* What the exercise asks: As soon as the line containing "abbrev pub Counted" appears in the material below, start returning lines exactly, and end with the line containing "b.counters ≡ before".

==== Extracted entries ====

-- ===== src/Limits/Chain.antt =====
-- `RateLimiter.check_rate_limit` of src/rra/api/rate_limiter.py over a run of requests: how many pass
-- the window of a minute behind the token bucket.
use rra_module.Prelude.{
  ℕ, ◌*◌, ◌≤◌, ◌≡◌, ◌⊎◌, refl, ◌∙◌, ap, subst, Bool, true, false, ◌&&◌, inl, inr, Option, none,
  some, List, [], ◌∷◌, ◌++◌, arith, Text, text_key, ◌==◌, if◌then◌else◌, length, any, Bool-cases,
  Option-cases,
}
use rra_module.Limits.Backend.{
  second, Backend, get_tokens, set_tokens, counted, recent, increment_counter,
}
use rra_module.Limits.Limiters.{
  TokenBucketLimiter, SlidingWindowLimiter, current_tokens, acquire, verdict, check, starts_with,
  RateLimitConfig, RateLimiter,
}
use rra_module.Limits.Requests.{
  Request, Headers, minute_prefix, hour_prefix, day_prefix, bucket_prefix, get_client_key,
  check_windows, check_rate_limit,
}
use rra_module.Limits.Bucket.{answer}
use rra_module.Limits.Counting.{counted-insert}

-- The counter of a key after a check.
counted-check :
    (l : SlidingWindowLimiter) (j key : Text) (now : ℕ) (b : Backend)
    → counted key (check l j now b).0.counters ≡ (
        if j == key
        then recent now (l.window * second) (counted j b.counters) ++ now ∷ []
        else counted key b.counters)
unfolding check increment_counter
counted-check l j key now b =
    counted-insert j key (recent now (l.window * second) (counted j b.counters) ++ now ∷ [])
      b.counters

counted-check_other :
    (l : SlidingWindowLimiter) (j key : Text) (now : ℕ) (b : Backend)
    → (j == key) ≡ false
    → counted key (check l j now b).0.counters ≡ counted key b.counters
counted-check_other l j key now b miss =
    counted-check l j key now b
    ∙ ap
        (λ (c : Bool).
          if c
          then recent now (l.window * second) (counted j b.counters) ++ now ∷ []
          else counted key b.counters)
        miss

counted-check_same :
    (l : SlidingWindowLimiter) (j key : Text) (now : ℕ) (b : Backend)
    → (j == key) ≡ true
    → counted key (check l j now b).0.counters
      ≡ recent now (l.window * second) (counted key b.counters) ++ now ∷ []
counted-check_same l j key now b hit =
    counted-check l j key now b
    ∙ ap
        (λ (c : Bool).
          if c
          then recent now (l.window * second) (counted j b.counters) ++ now ∷ []
          else counted key b.counters)
        hit
    ∙ ap (λ i. recent now (l.window * second) (counted i b.counters) ++ now ∷ [])
        ((text_key.same_iff j key).0 hit)

answer-counters :
    (l : TokenBucketLimiter) (key : Text) (tokens now : ℕ) (b : Backend) (current : ℕ × ℕ)
    → (answer l key tokens now b current).0.counters ≡ b.counters
unfolding set_tokens
answer-counters l key tokens now b (current, owed) = ground arith

acquire-counters :
    (l : TokenBucketLimiter) (key : Text) (tokens now : ℕ) (b : Backend)
    → (acquire l key tokens now b).0.counters ≡ b.counters
unfolding acquire
acquire-counters l key tokens now b =
    answer-counters l key tokens now b (current_tokens l now (get_tokens key b))

verdict-le : (l : SlidingWindowLimiter) (n : ℕ) → (verdict l n).allowed ≡ true → n ≤ l.limit
verdict-le l n h = ground arith

check-length :
    (l : SlidingWindowLimiter) (key : Text) (now : ℕ) (b : Backend)
    → (check l key now b).1.allowed ≡ true
    → length (recent now (l.window * second) (counted key b.counters) ++ now ∷ []) ≤ l.limit
unfolding check increment_counter
check-length l key now b h =
    verdict-le l (length (recent now (l.window * second) (counted key b.counters) ++ now ∷ [])) h

-- The answer lets a request by that does not ask for an exempt path.
abbrev pub is_let_by : Option (Bool × Option Headers) → Bool
is_let_by none = false
is_let_by (some (allowed, none)) = false
is_let_by (some (allowed, some h)) = allowed

module _ (hexdigest strip : Text → Text) where
  -- The minute's counter of a client after the windows were asked for one.
  counted-check_windows :
      (c : RateLimitConfig) (j client : Text) (now : ℕ) (m : RateLimiter) (b : Backend)
      → counted (minute_prefix ++ client) (check_windows hexdigest strip c j now m b).0.counters
        ≡ counted
            (minute_prefix ++ client)
            (check m.minute_limiter (minute_prefix ++ j) now b).0.counters
  unfolding check_windows
  counted-check_windows c j client now m b =
      let b1 = (check m.minute_limiter (minute_prefix ++ j) now b).0 in
      let b2 = (check m.hour_limiter (hour_prefix ++ j) now b1).0 in
      let hour =
        counted-check_other m.hour_limiter (hour_prefix ++ j) (minute_prefix ++ client) now b1
          refl in
      let daily =
        counted-check_other m.day_limiter (day_prefix ++ j) (minute_prefix ++ client) now b2 refl in
      elim (Bool-cases (check m.minute_limiter (minute_prefix ++ j) now b).1.allowed) [
        | inr off ↦ rw off refl
        | inl on ↦ elim (Bool-cases (check m.hour_limiter (hour_prefix ++ j) now b1).1.allowed) [
          | inr off ↦ rw (on, off) hour
          | inl on_hour ↦
              elim (Bool-cases (check m.day_limiter (day_prefix ++ j) now b2).1.allowed) [
                | inr off ↦ rw (on, on_hour, off) (daily ∙ hour)
                | inl on_day ↦ rw (on, on_hour, on_day) (daily ∙ hour)
              ]
        ]
      ]

  check_windows-minute :
      (c : RateLimitConfig) (j : Text) (now : ℕ) (m : RateLimiter) (b : Backend)
      → (check_windows hexdigest strip c j now m b).1.0 ≡ true
      → (check m.minute_limiter (minute_prefix ++ j) now b).1.allowed ≡ true
  unfolding check_windows
  check_windows-minute c j now m b h =
      elim (Bool-cases (check m.minute_limiter (minute_prefix ++ j) now b).1.allowed) [
        | inl on ↦ on
        | inr off ↦ ground (arith, rw off at h)
      ]

  -- A request counts once for the minute of its client, and passes only within the limit; or it
  -- counts for nobody, or for another client, and this one is not let by.
  abbrev pub Counted :
      Text → Request → ℕ → RateLimiter → RateLimiter × Option (Bool × Option Headers) → Type 0
  Counted client r now m (m', v) =
      let l = m.minute_limiter in
      let before = counted (minute_prefix ++ client) m.backend.counters in
      let after = counted (minute_prefix ++ client) m'.backend.counters in
      let now_in = recent now (l.window * second) before ++ now ∷ [] in
      (m'.minute_limiter ≡ l)
      × (((after ≡ before)
            × ((is_let_by v && (get_client_key hexdigest strip r == client)) ≡ false))
          ⊎ ((after ≡ now_in) × (is_let_by v ≡ true → length now_in ≤ l.limit)))

  check_windows-Counted :
      (client j : Text) (now : ℕ) (m : RateLimiter) (b : Backend) (before : List ℕ)
      → counted (minute_prefix ++ client) b.counters ≡ before
      → let K = minute_prefix ++ client in
        let l = m.minute_limiter in
        let out = check_windows hexdigest strip m.config j now m b in
        let now_in = recent now (l.window * second) before ++ now ∷ [] in
        ((counted K out.0.counters ≡ before) × ((out.1.0 && (j == client)) ≡ false))
        ⊎ ((counted K out.0.counters ≡ now_in) × (out.1.0 ≡ true → length now_in ≤ l.limit))
  check_windows-Counted client j now m b before is =
      let K = minute_prefix ++ client in
      let l = m.minute_limiter in
      let grow = λ (times : List ℕ). recent now (l.window * second) times ++ now ∷ [] in
      let e = counted-check_windows m.config j client now m b in
      elim (Bool-cases (j == client)) [
        | inr miss ↦
            inl (
              e ∙ counted-check_other l (minute_prefix ++ j) K now b miss ∙ is,
              ground (arith, miss),
            )
        | inl hit ↦
            let own =
              ap (λ i. counted (minute_prefix ++ i) b.counters) ((text_key.same_iff j client).0 hit)
              ∙ is in
            inr (
              e ∙ counted-check_same l (minute_prefix ++ j) K now b hit ∙ ap grow is,
              λ h.
                  subst (λ times. length (grow times) ≤ l.limit) own
                    (check-length l (minute_prefix ++ j) now b
                      (check_windows-minute m.config j now m b h)),
            )
      ]

  pub check_rate_limit-Counted :
      (client : Text) (r : Request) (now : ℕ) (m : RateLimiter)
      → Counted client r now m (check_rate_limit hexdigest strip r now m)
  unfolding check_rate_limit
  check_rate_limit-Counted client r now m =
      let j = get_client_key hexdigest strip r in
      let K = minute_prefix ++ client in
      let b = (acquire m.token_bucket (bucket_prefix ++ j) 1 now m.backend).0 in
      let counters = acquire-counters m.token_bucket (bucket_prefix ++ j) 1 now m.backend in
      let same = ap (counted K) counters in
      elim (Bool-cases (any (λ exempt. starts_with exempt r.path) m.config.exempt_paths)) [
        | inl exempt ↦ rw exempt (refl, inl (refl, refl))
        | inr strict ↦
            rw strict
              (elim (Option-cases (acquire m.token_bucket (bucket_prefix ++ j) 1 now m.backend).1) [
                | inl raised ↦ rw raised (refl, inl (same, refl))
                | inr (v, answered) ↦ rw answered (elim (Bool-cases v.allowed) [
                  | inr refused ↦ rw refused (refl, inl (same, refl))
                  | inl admitted ↦ rw admitted (
                    refl,
                    check_windows-Counted client j now m b (counted K m.backend.counters) same,
                  )
                ])
              ])
      ]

====

* Answer box:
  abbrev pub Counted :
      Text → Request → ℕ → RateLimiter → RateLimiter × Option (Bool × Option Headers) → Type 0
  Counted client r now m (m', v) =
      let l = m.minute_limiter in
      let before = counted (minute_prefix ++ client) m.backend.counters in
      let after = counted (minute_prefix ++ client) m'.backend.counters in
      let now_in = recent now (l.window * second) before ++ now ∷ [] in
      (m'.minute_limiter ≡ l)
      × (((after ≡ before)
            × ((is_let_by v && (get_client_key hexdigest strip r == client)) ≡ false))
          ⊎ ((after ≡ now_in) × (is_let_by v ≡ true → length now_in ≤ l.limit)))

  check_windows-Counted :
      (client j : Text) (now : ℕ) (m : RateLimiter) (b : Backend) (before : List ℕ)
      → counted (minute_prefix ++ client) b.counters ≡ before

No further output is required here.